Wherever the word "unfolding" turns up in a line of the entries, copy that line.
Top of THE RECORDS
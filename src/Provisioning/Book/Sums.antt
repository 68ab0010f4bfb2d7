-- ===== src/Provisioning/Book/Sums.antt =====
-- The sums that an org's counters stand for, and what each write does to them.
use casper_agops_server.Prelude.{
  ℕ, ◌+◌, some, List, [], ◌∷◌, ◌≡◌, refl, inl, inr, arith, ◌=?◌, if◌then◌else◌, Bool-cases,
}
use casper_agops_server.Provisioning.Book.{
  Allocation, find_allocation, set_confirmed, delete_allocation, float_of, add_float, take_float,
}

-- What an allocation adds to the reserved budget.
abbrev pub weight : Allocation → ℕ
weight a = if a.is_pending then a.amount else 0

unfoldable pub pending_sum : List (ℕ × Allocation) → ℕ
pending_sum [] = 0
pending_sum ((k, a) ∷ l) = weight a + pending_sum l

unfoldable pub float_sum : List (ℕ × ℕ) → ℕ
float_sum [] = 0
float_sum ((k, f) ∷ l) = f + float_sum l

pub delete-pending_sum :
    (id : ℕ) (a : Allocation) (l : List (ℕ × Allocation))
    → find_allocation id l ≡ some a
    → pending_sum (delete_allocation id l) + weight a ≡ pending_sum l
unfolding find_allocation delete_allocation pending_sum
delete-pending_sum id a [] e = absurd (cc)
delete-pending_sum id a ((k, x) ∷ l) e = elim (Bool-cases (k =? id)) [
  | inl same ↦ ground (arith, same, e)
  | inr other ↦ ground (arith, other, delete-pending_sum id a l (ground (arith, other, e)))
]

pub delete-set_confirmed :
    (id : ℕ) (l : List (ℕ × Allocation))
    → delete_allocation id (set_confirmed id l) ≡ delete_allocation id l
unfolding set_confirmed delete_allocation
delete-set_confirmed id [] = refl
delete-set_confirmed id ((k, x) ∷ l) = ground (arith, delete-set_confirmed id l)

pub add_float-float_sum :
    (agent amount : ℕ) (l : List (ℕ × ℕ))
    → float_sum (add_float agent amount l) ≡ float_sum l + amount
unfolding add_float float_sum
add_float-float_sum agent amount [] = ground arith
add_float-float_sum agent amount ((k, f) ∷ l) = ground (arith, add_float-float_sum agent amount l)

pub take_float-float_sum :
    (agent : ℕ) (l : List (ℕ × ℕ))
    → float_sum (take_float agent (float_of agent l) l) + float_of agent l ≡ float_sum l
unfolding take_float float_of float_sum
take_float-float_sum agent [] = refl
take_float-float_sum agent ((k, f) ∷ l) = elim (Bool-cases (k =? agent)) [
  | inl same ↦ ground (arith, same)
  | inr other ↦ ground (arith, other, take_float-float_sum agent l)
]

pub float_of-take_float :
    (agent : ℕ) (l : List (ℕ × ℕ)) → float_of agent (take_float agent (float_of agent l) l) ≡ 0
unfolding take_float float_of
float_of-take_float agent [] = refl
float_of-take_float agent ((k, f) ∷ l) = elim (Bool-cases (k =? agent)) [
  | inl same ↦ ground (arith, same)
  | inr other ↦ ground (arith, other, float_of-take_float agent l)
]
Bottom of THE RECORDS
• [SOLUTION TO THIS EXERCISE]
unfolding find_allocation delete_allocation pending_sum
unfolding set_confirmed delete_allocation
unfolding add_float float_sum
unfolding take_float float_of float_sum
unfolding take_float float_of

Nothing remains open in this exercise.